In several clinical trials in which antiarrhythmic drugs were not permitted, the occurrence of arrhythmias may have been attributable to inhibition of the stimulus conduction system due to anamorelin’s sodium channel blockade effects (25). Several case reports have described the onset of arrhythmia under anamorelin treatment with severe outcomes (75-77). Common features in these patients include hepatic dysfunction and hypoproteinemia. Given that anamorelin is mainly metabolized in the liver via CYP3A4 and has a high protein binding rate (97.3-98.3%) (30), blood levels of anamorelin may be elevated in patients with these comorbid conditions. However, one case report described fatal arrhythmia complicated by sinus arrest and refractory ventricular tachycardia, despite the absence of severe hepatic dysfunction and CYP3A4 inhibitor (78). The possibility that arrhythmias induced by anamorelin are multifactorial must be kept in mind. Because of the lack of uniform ECG monitoring in clinical trials, arrhythmias and abnormal ECG may not have been appropriately detected (79).

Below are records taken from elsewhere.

-- ===== src/Process/Deferred/Resuming.antt =====
-- The second phase of unwinding in src/process/stack.cpp, in which the frames are popped.
use Prim.Native.String.{String}
use wudoovm.Common.{
  ◌++◌, false, length-append, take-append_length, drop-append_length, Bool-cases, inl, inr, ℕ, zero,
  suc, ◌+◌, ◌<◌, ◌≡◌, refl, sym, ap, ◌∙◌, Bool, true, false, not, ◌&&◌, Option, some, List, [], ◌∷◌,
  length, get_or, take, drop, ◌==◌, leb, arith,
}
use wudoovm.Common.Outcome.{ok}
use wudoovm.Kernel.Register
use wudoovm.Kernel.Register.{Register, is_null}
use wudoovm.Kernel.RegisterSet
use wudoovm.Kernel.RegisterSet.{RegisterSet, vacant}
use wudoovm.Kernel.Bounds.{IsWellFormed}
use wudoovm.Process.Code.{Kernel, get_entry_point_of_block, lookup}
use wudoovm.Process.State.{
  update, Process, Frame, Stack, TryFrame, Thrown, running,
  suspended_by_deferred_during_stack_unwinding,
}
use wudoovm.Process.Action.{
  missing, found, Action, put_stack, pure, gets, modify, lift, throw_if, when, on_stack, ◌>>=◌,
  ◌>>◌,
}
use wudoovm.Process.Frames.{
  mem_new, moved, check_arguments, take_back, pop, set_frames, is_nil, set_state,
}
use wudoovm.Process.Unwinding.{
  pop_frames, leave_frames, unwind, unwind_by, unwind_call_stack_to, try_frames_from, find_catcher,
  distance_to, catch_thrown, in_flight,
}
use wudoovm.Process.Runs.{bind_run_ok, bind_gets}
use wudoovm.Process.Ownership.{put_stack_self}
use wudoovm.Process.Deferred.Distance.{StopsAt, distance_to-append}
use wudoovm.Process.Deferred.Catchers.{
  found_run, jump_to, jump_to_stack, unwind_caught_run, unwind_try_stack_to_run,
  find_catcher-append, try_frames_from-append, NoCatcher,
}

==_refl : (a : ℕ) → (a == a) ≡ true
==_refl a = ground arith

module _ {V : Type 0} where
  -- No register of the set holds a parameter that was moved into it and not taken.
  pub record TakesAll (rs : RegisterSet V) : Type 0 where
    pub well_formed : IsWellFormed rs
    pub taken :
        (i : ℕ)
        → (not (is_null (Register.value (get_or rs.registers i vacant)))
            && Register.is_flagged (get_or rs.registers i vacant) moved)
          ≡ false

  check_arguments_run :
      (rs : RegisterSet V) (left i : ℕ) (p : Process V)
      → TakesAll rs
      → left + i ≡ rs.registerset_size
      → check_arguments rs left i p ≡ (ok tt, p)
  unfolding check_arguments pure ◌>>=◌ lift throw_if RegisterSet.at RegisterSet.is_flagged
  check_arguments_run rs zero i p h e = refl
  check_arguments_run rs (suc left) i p h e =
      let inside : leb rs.registerset_size i ≡ false = ground arith in
      let within : leb (length rs.registers) i ≡ false = ground (arith, h.well_formed) in
      rw (inside, within, h.taken i) (check_arguments_run rs left (i + 1) p h (omega arith))

  -- The parameters of these frames were all taken.
  abbrev pub AllTaken : (ℕ → Frame V) → List ℕ → Type 0
  AllTaken at [] = Unit {0}
  AllTaken at (f ∷ fs) = TakesAll (Frame.arguments (at f)) × AllTaken at fs

  skip_run :
      (c : Bool) (m : Action V (Unit {0})) (f : ℕ) (p : Process V)
      → c ≡ false
      → (when c m >> pure f) p ≡ (ok f, p)
  unfolding when pure ◌>>=◌
  skip_run c m f p e = rw e refl

  module _ (s : ℕ) where
    take_back_run :
        (p : Process V) (f : ℕ) (fs : List ℕ)
        → Stack.frames (p.stack_at s) ≡ f ∷ fs
        → take_back s p ≡ (ok f, put_stack s (set_frames fs (p.stack_at s)) p)
    unfolding take_back ◌>>=◌ gets pure on_stack modify
    take_back_run p f fs e = rw e refl

    -- A frame that is not the last, and whose parameters are taken, is popped.
    pub pop_run :
        (p : Process V) (f g : ℕ) (fs : List ℕ)
        → Stack.frames (p.stack_at s) ≡ f ∷ g ∷ fs
        → TakesAll (Frame.arguments (p.frame_at f))
        → pop s p ≡ (ok f, put_stack s (set_frames (g ∷ fs) (p.stack_at s)) p)
    unfolding pop
    pop_run p f g fs e h =
        let q = put_stack s (set_frames (g ∷ fs) (p.stack_at s)) p in
        bind_run_ok (take_back s) _ p q f (take_back_run p f (g ∷ fs) e)
        ∙ bind_gets (λ r. r.frame_at f) _ q
        ∙ bind_run_ok (check_arguments (Frame.arguments (p.frame_at f)) _ 0) _ q q tt
            (check_arguments_run _ _ 0 q h (omega arith))
        ∙ bind_gets (λ r. r.stack_at s) _ q
        ∙ skip_run (is_nil (Stack.frames (q.stack_at s))) _ f q (rw (==_refl s) refl)

    done : (p : Process V) → pure {A = Unit {0}} tt p ≡ (ok tt, p)
    unfolding pure
    done p = refl

    -- What popping `n` frames leaves: nothing else of the process has changed.
    pub record Popped (n : ℕ) (p q : Process V) : Type 0 where
      pub left : q.stack_at s ≡ set_frames (drop n (Stack.frames (p.stack_at s))) (p.stack_at s)
      pub others : (j : ℕ) → (j == s) ≡ false → q.stack_at j ≡ p.stack_at j
      pub frames_kept : q.frame_at ≡ p.frame_at
      pub stack_kept : q.stack ≡ p.stack
      pub order_kept : q.stacks_order ≡ p.stacks_order

    pop_frames_run :
        (n : ℕ) (p : Process V) (fs : List ℕ)
        → Stack.frames (p.stack_at s) ≡ fs
        → n < length fs
        → AllTaken p.frame_at (take n fs)
        → (q : Process V) × (pop_frames s n p ≡ (ok tt, q)) × Popped n p q
    unfolding pop_frames
    pop_frames_run zero p fs e lt h = (
      p,
      done p,
      record {
        left = refl;
        others = λ j o. refl;
        frames_kept = refl;
        stack_kept = refl;
        order_kept = refl;
      },
    )
    pop_frames_run (suc n) p [] e lt h = absurd (omega arith)
    pop_frames_run (suc n) p (f ∷ []) e lt h = absurd (omega arith)
    pop_frames_run (suc n) p (f ∷ g ∷ fs) e lt h =
        let x = set_frames (g ∷ fs) (p.stack_at s) in
        let p1 = put_stack s x p in
        let top = put_stack_self p s x in
        let r = pop_frames_run n p1 (g ∷ fs) (ap Stack.frames top) (omega arith) h.1 in
        (
          r.0,
          bind_run_ok (pop s) _ p p1 f (pop_run p f g fs e h.0) ∙ r.1,
          record {
            left =
                r.2.left
                ∙ ap {A = Stack V} (λ z. set_frames (drop n (Stack.frames z)) z) top
                ∙ ap (λ o. set_frames (drop (suc n) o) (p.stack_at s)) (sym e);
            others = λ j o. r.2.others j o ∙ rw o refl;
            frames_kept = r.2.frames_kept;
            stack_kept = r.2.stack_kept;
            order_kept = r.2.order_kept;
          },
        )

  module _ (k : Kernel) (s : ℕ) where
    leave_frames_run :
        (n : ℕ) (p : Process V)
        → Stack.current_state (p.stack_at s) ≡ suspended_by_deferred_during_stack_unwinding
        → leave_frames s n p
          ≡ pop_frames s n (put_stack s (record (p.stack_at s) { current_state = running }) p)
    unfolding leave_frames set_state ◌>>=◌ gets throw_if pure on_stack modify
    leave_frames_run n p r = rw r refl

    unwind_call_stack_to_second :
        (p : Process V) (f : Option ℕ) (above : List ℕ) (b : ℕ) (below : List ℕ)
        → Stack.current_state (p.stack_at s) ≡ suspended_by_deferred_during_stack_unwinding
        → Stack.frames (p.stack_at s) ≡ above ++ (b ∷ below)
        → mem_new f above ≡ false
        → StopsAt f b below
        → unwind_call_stack_to k s f p ≡ leave_frames s (length above) p
    unfolding unwind_call_stack_to unwind_by
    unwind_call_stack_to_second p f above b below r e out stop =
        let fs = Stack.frames (p.stack_at s) in
        bind_gets (λ q. q.stack_at s) _ p
        ∙ bind_run_ok (found missing (distance_to f fs)) _ p p (length above) (
            found_run missing (distance_to f fs) (length above) p
              (ap (distance_to f) e ∙ distance_to-append f above b below out stop))
        ∙ rw r refl

    suspended_stack :
        (x : Stack V)
        → x.current_state ≡ suspended_by_deferred_during_stack_unwinding
        → (catch_thrown x ≡ x) × (in_flight x ≡ x.caught)
    suspended_stack x r = (ground arith, ground arith)

    -- The second phase, of a stack that was suspended with a caught exception: the frames above
    -- the one that entered the block are popped, or those above the bottom one if that frame is not on
    -- the stack, and the stack runs on in the handler. Of the try frames those before the first that
    -- catches are left, and the others stay; no other stack is touched. A stack with a frame and
    -- a known handler are assumed, and that the parameters moved into the popped frames were taken.
    pub unwind_resumed :
        (p : Process V) (e : Thrown V) (t : ℕ) (name : String) (entry : ℕ × ℕ)
        (later us above : List ℕ) (b : ℕ) (below : List ℕ)
        → let x = p.stack_at s in
          let f = TryFrame.associated_frame (p.try_frame_at t) in
          Stack.current_state x ≡ suspended_by_deferred_during_stack_unwinding
          → Stack.caught x ≡ some e
          → Stack.tryframes x ≡ later ++ (t ∷ us)
          → NoCatcher p.try_frame_at e.tag later
          → lookup (TryFrame.catchers (p.try_frame_at t)) e.tag ≡ some name
          → get_entry_point_of_block k name ≡ some entry
          → Stack.frames x ≡ above ++ (b ∷ below)
          → mem_new f above ≡ false
          → StopsAt f b below
          → AllTaken p.frame_at above
          → (q : Process V) × (unwind k s p ≡ (ok tt, q))
            × ((j : ℕ)
                → q.stack_at j
                  ≡ update p.stack_at s
                      (record x {
                        frames = b ∷ below;
                        current_state = running;
                        jump_base = some entry.1;
                        instruction_pointer = some entry.0;
                        tryframes = t ∷ us;
                      })
                      j)
            × (q.stack ≡ p.stack)
            × (q.stacks_order ≡ p.stacks_order)
            × (q.frame_at ≡ p.frame_at)
    unfolding jump_to
    unwind_resumed p e t name entry later us above b below r ca tf nc lk ep split out stop h =
        let x = p.stack_at s in
        let f = TryFrame.associated_frame (p.try_frame_at t) in
        let n = length above in
        let parts = length-append above (b ∷ below) in
        let c = suspended_stack x r in
        let p1 = put_stack s (catch_thrown x) p in
        let p3 = jump_to k s entry p1 in
        let at_s : p3.stack_at s
            ≡ record x { jump_base = some entry.1; instruction_pointer = some entry.0 } =
          jump_to_stack k s entry p1
          ∙ ap {A = Stack V}
              (λ z. record z { jump_base = some entry.1; instruction_pointer = some entry.0 })
              (put_stack_self p s (catch_thrown x) ∙ c.0) in
        let y : Stack V = record (p3.stack_at s) { current_state = running } in
        let p4 = put_stack s y p3 in
        let at_y = put_stack_self p3 s y in
        let pops =
          pop_frames_run s n p4 (above ++ (b ∷ below))
            (ap Stack.frames at_y ∙ ap Stack.frames at_s ∙ split) (omega arith)
            (rw (take-append_length above (b ∷ below)) h) in
        let q2 = pops.0 in
        let fc =
          ap (find_catcher p.try_frame_at e.tag) tf
          ∙ find_catcher-append p.try_frame_at e.tag name t us lk later nc in
        let from = try_frames_from-append p.try_frame_at e.tag name t us lk later nc in
        let left : q2.stack_at s ≡ record x {
          frames = b ∷ below;
          current_state = running;
          jump_base = some entry.1;
          instruction_pointer = some entry.0;
        } =
          pops.2.left
          ∙ ap {A = Stack V} (λ z. set_frames (drop n (Stack.frames z)) z)
              (at_y ∙ ap {A = Stack V} (λ z. record z { current_state = running }) at_s)
          ∙ ap {A = List ℕ}
              (λ o. record x {
                frames = o;
                current_state = running;
                jump_base = some entry.1;
                instruction_pointer = some entry.0;
              })
              (ap (drop n) split ∙ drop-append_length above (b ∷ below)) in
        let z : Stack V = record (q2.stack_at s) { tryframes = t ∷ us } in
        (
          put_stack s z q2,
          unwind_caught_run k s p e t name entry (c.1 ∙ ca) fc lk ep
              ∙ bind_run_ok (unwind_call_stack_to k s f) _ p3 q2 tt (
                  unwind_call_stack_to_second p3 f above b below (ap Stack.current_state at_s ∙ r)
                    (ap Stack.frames at_s ∙ split) out stop
                  ∙ leave_frames_run n p3 (ap Stack.current_state at_s ∙ r)
                  ∙ pops.1)
              ∙ unwind_try_stack_to_run k s q2 t (t ∷ us) (
                  ap (try_frames_from t) (ap Stack.tryframes left)
                  ∙ ap (try_frames_from t) tf
                  ∙ from),
          λ j. elim (Bool-cases (j == s)) [
            | inl same ↦ rw same (ap {A = Stack V} (λ w. record w { tryframes = t ∷ us }) left)
            | inr other ↦ rw other (pops.2.others j other ∙ rw other refl)
          ],
          pops.2.stack_kept,
          pops.2.order_kept,
          pops.2.frames_kept,
        )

In a prospective observational study of multimodal clinical practice, early discontinuation (less than four weeks) of anamorelin was associated with worse PS and low prognostic nutritional index (80). The reason for discontinuation in 47.4% of patients in the early discontinuation group was adverse effects, including hyperglycemia, diarrhea and cardiac conduction disturbances. Management of adverse effects induced by anamorelin may affect its effect in friable patients. One reason for the refusal of the European Medical Agency (EMA) to provide marketing authorization for anamorelin was that the safety data had not been recorded adequately, and a thorough evaluation of potential risks was accordingly not possible (81). Attention should be paid to the above conditions and concomitant medications (especially CYP3A4 inhibitors), and future efforts should be made to accumulate and analyze safety data.

The Future of Anamorelin

The treatment of cancer cachexia requires a multi-disciplinary approach consisting of nutritional intervention, physical exercise, and pharmacotherapy. Clear evidence for combination therapy, which includes anamorelin is needed in the future. In addition, some reports suggest that multiple drug combinations may be necessary for anamorelin therapy, such as targeting Activin A-induced metabolic dysfunction (82), and basic research into the development of new drugs for use in combination with anamorelin is in fact underway (83). Optimizing the use of anamorelin holds the promise of improving quality of life and survival outcomes for patients with cancer cachexia.